Metacrisis Awareness represents the cultivation of capacity to perceive interconnected global crises — ecological, social, technological, and existential — as symptoms of deeper systemic imbalances rather than isolated problems to be solved independently. This domain invites transformation at the level of worldview, recognizing that addressing civilizational risks requires understanding their common generative dynamics and developing the wisdom to navigate unprecedented complexity.
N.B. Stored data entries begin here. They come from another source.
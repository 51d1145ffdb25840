-- ===== src/Base/Results.antt =====
-- A call that may throw. The error is the message of the exception that the source throws.
use Prim.Native.String.{String}
use mathlib.Core.Path.{◌≡◌, refl}
use mathlib.Core.Bool.{Bool, true, false}
use mathlib.Core.Logic.{◌⊎◌, inl, inr}
use mathlib.Core.List.{List, [], ◌∷◌}
use phlebas.Base.Lists.{All}

pub data Result {ℓ} (A : Type ℓ) : Type ℓ where
  ok : A → Result A
  err : String → Result A

infixl 5 ◌>>◌ ◌>>=◌
-- What follows a call that returns nothing.
abbrev pub ◌>>◌ {κ} : {B : Type κ} → Result (Unit {0}) → Result B → Result B
err e >> next = err e
ok _ >> next = next

-- What follows a call, with its value.
abbrev pub ◌>>=◌ {ℓ κ} : {A : Type ℓ} {B : Type κ} → Result A → (A → Result B) → Result B
err e >>= next = err e
ok a >>= next = next a

-- `if (bad) throw new Error(e)`.
abbrev pub throw_if : Bool → String → Result (Unit {0})
throw_if true e = err e
throw_if false e = ok tt

-- The call returns, and its value satisfies `P`.
abbrev pub Returns {ℓ} : {A : Type ℓ} → (A → Type 0) → Result A → Type 0
Returns P (ok a) = P a
Returns P (err e) = ⊥

-- The call throws, or its value satisfies `P`.
abbrev pub Yields {ℓ} : {A : Type ℓ} → (A → Type 0) → Result A → Type 0
Yields P (ok a) = P a
Yields P (err e) = Unit

pub Result-cases {ℓ} :
    {A : Type ℓ} (r : Result A) → ((a : A) × (r ≡ ok a)) ⊎ ((e : String) × (r ≡ err e))
Result-cases (ok a) = inl (a, refl)
Result-cases (err e) = inr (e, refl)

pub Returns-ok {ℓ} :
    {A : Type ℓ} {P : A → Type 0} (r : Result A) → Returns P r → (a : A) × (r ≡ ok a) × P a
Returns-ok (ok a) h = (a, refl, h)
Returns-ok (err e) h = absurd h

-- A chain that returns has had every step return.
pub >>=-returned {ℓ κ} :
    {A : Type ℓ} {B : Type κ} (r : Result A) (f : A → Result B) (b : B)
    → (r >>= f) ≡ ok b
    → (a : A) × (r ≡ ok a) × (f a ≡ ok b)
>>=-returned (ok a) f b h = (a, refl, h)
>>=-returned (err e) f b h = cc

pub >>-returned {ℓ} :
    {B : Type ℓ} (r : Result (Unit {0})) (k : Result B) (b : B)
    → (r >> k) ≡ ok b
    → (r ≡ ok tt) × (k ≡ ok b)
>>-returned (ok tt) k b h = (refl, h)
>>-returned (err e) k b h = cc

pub throw_if-returned : (t : Bool) (e : String) → throw_if t e ≡ ok tt → t ≡ false
throw_if-returned true e h = cc
throw_if-returned false e h = refl

pub ok-injective {ℓ} : {A : Type ℓ} {a b : A} → ok a ≡ ok b → a ≡ b
ok-injective h = cc

-- Calls one after another, up to the first that throws.
unfoldable pub all_checks : List (Result (Unit {0})) → Result (Unit {0})
all_checks [] = ok tt
all_checks (c ∷ cs) = c >> all_checks cs

-- A call whose value is not used.
abbrev pub without_value {ℓ} : {A : Type ℓ} → Result A → Result (Unit {0})
without_value (ok a) = ok tt
without_value (err e) = err e

-- Where all calls return, each of them does.
pub all_checks-returned :
    (cs : List (Result (Unit {0}))) → all_checks cs ≡ ok tt → All (λ c. c ≡ ok tt) cs
unfolding all_checks
all_checks-returned [] h = tt
all_checks-returned (c ∷ cs) h =
    let (first, rest) = >>-returned c (all_checks cs) tt h in (first, all_checks-returned cs rest)

pub without_value-returned {ℓ} :
    {A : Type ℓ} (r : Result A) → without_value r ≡ ok tt → (a : A) × (r ≡ ok a)
without_value-returned (ok a) h = (a, refl)
without_value-returned (err e) h = cc

pub Yields-all {ℓ} :
    {A : Type ℓ} (P : A → Type 0) (r : Result A) → ((a : A) → r ≡ ok a → P a) → Yields P r
Yields-all P (ok a) f = f a refl
Yields-all P (err e) f = tt

-- The call throws.
abbrev pub Throws {ℓ} : {A : Type ℓ} → Result A → Type 0
Throws (ok a) = ⊥
Throws (err e) = Unit
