-- ===== src/Base/Entries.antt =====
-- A record that is used as a map, as the list of its entries in the order of insertion.
use Prim.Native.Nat.{ℕ, ◌+◌}
use mathlib.Core.Path.{◌≡◌, refl}
use mathlib.Core.Logic.{inl, inr}
use mathlib.Core.Bool.{Bool, true}
use mathlib.Core.Option.{Option, none, some}
use mathlib.Core.List.{List, [], ◌∷◌}
use native.Mathlib.Omega.{arith}
use phlebas.Base.Tests.{if◌then◌else◌, Bool-cases}
use phlebas.Base.Lists.{sum_of}

module _ {ℓ κ} {K : Type ℓ} {V : Type κ} (same : K → K → Bool) where
  -- `map[key]`.
  unfoldable pub get_entry : List (K × V) → K → Option V
  get_entry [] key = none
  get_entry ((k, v) ∷ es) key = if same k key then some v else get_entry es key

  -- `map[key] = value`.
  unfoldable pub set_entry : List (K × V) → K → V → List (K × V)
  set_entry [] key value = (key, value) ∷ []
  set_entry ((k, v) ∷ es) key value =
      if same k key then (k, value) ∷ es else (k, v) ∷ set_entry es key value

-- `value ?? fallback`.
abbrev pub or_else {ℓ} : {A : Type ℓ} → Option A → A → A
or_else none fallback = fallback
or_else (some a) fallback = a

-- The total over the entries changes by what the one entry changes by.
pub sum_of-set_entry {ℓ κ} :
    {K : Type ℓ} {V : Type κ} (same : K → K → Bool) (f : V → ℕ) (fallback : V) (es : List (K × V))
    (key : K) (value : V)
    → f fallback ≡ 0
    → sum_of (λ e. f (e.1)) (set_entry same es key value)
        + f (or_else (get_entry same es key) fallback)
      ≡ sum_of (λ e. f (e.1)) es + f value
unfolding get_entry set_entry
sum_of-set_entry same f fallback [] key value z = omega (arith, z)
sum_of-set_entry same f fallback ((k, v) ∷ es) key value z = elim (Bool-cases (same k key)) [
  | inl e ↦ rw e (omega arith)
  | inr e ↦ rw e (omega (arith, sum_of-set_entry same f fallback es key value z))
]

-- The entry that is set is there.
pub get_entry-set_entry {ℓ κ} :
    {K : Type ℓ} {V : Type κ} (same : K → K → Bool) (es : List (K × V)) (key : K) (value : V)
    → same key key ≡ true
    → get_entry same (set_entry same es key value) key ≡ some value
unfolding get_entry set_entry
get_entry-set_entry same [] key value r = rw r refl
get_entry-set_entry same ((k, v) ∷ es) key value r = elim (Bool-cases (same k key)) [
  | inl e ↦ simp e refl
  | inr e ↦ simp e (get_entry-set_entry same es key value r)
]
The term "polycrisis" was coined in Edgar Morin and Anne Brigitte Kern's 1999 book Homeland Earth, describing the simultaneous occurrence and interaction of multiple interconnected crises creating a complex web of challenges. "Metacrisis" emerged more recently through the sensemaking community — notably through Tristan Harris, Terry Patten, Jonathan Rowson, Daniel Schmachtenberger, and Zak Stein — to address not just the systems dynamics but the social and psychological experience of navigating existential risk. The core proposition is that humanity cannot achieve a resilient civilization without understanding and addressing the underlying drivers that generate global crises in the first place.
Key thinkers like Daniel Schmachtenberger (The Consilience Project) and Nate Hagens (Institute for the Study of Energy & Our Future) piece together the biophysical, technological, and social dynamics heading toward and beyond planetary boundaries. They examine how artificial intelligence both adds to existential risks and accelerates the entire metacrisis dynamic, exploring the role of intelligence versus wisdom on our current global pathway. If humanity survives, it will be because a world system emerges capable of navigating the metacrisis through changing deep-seated social dynamics generative of catastrophic risk.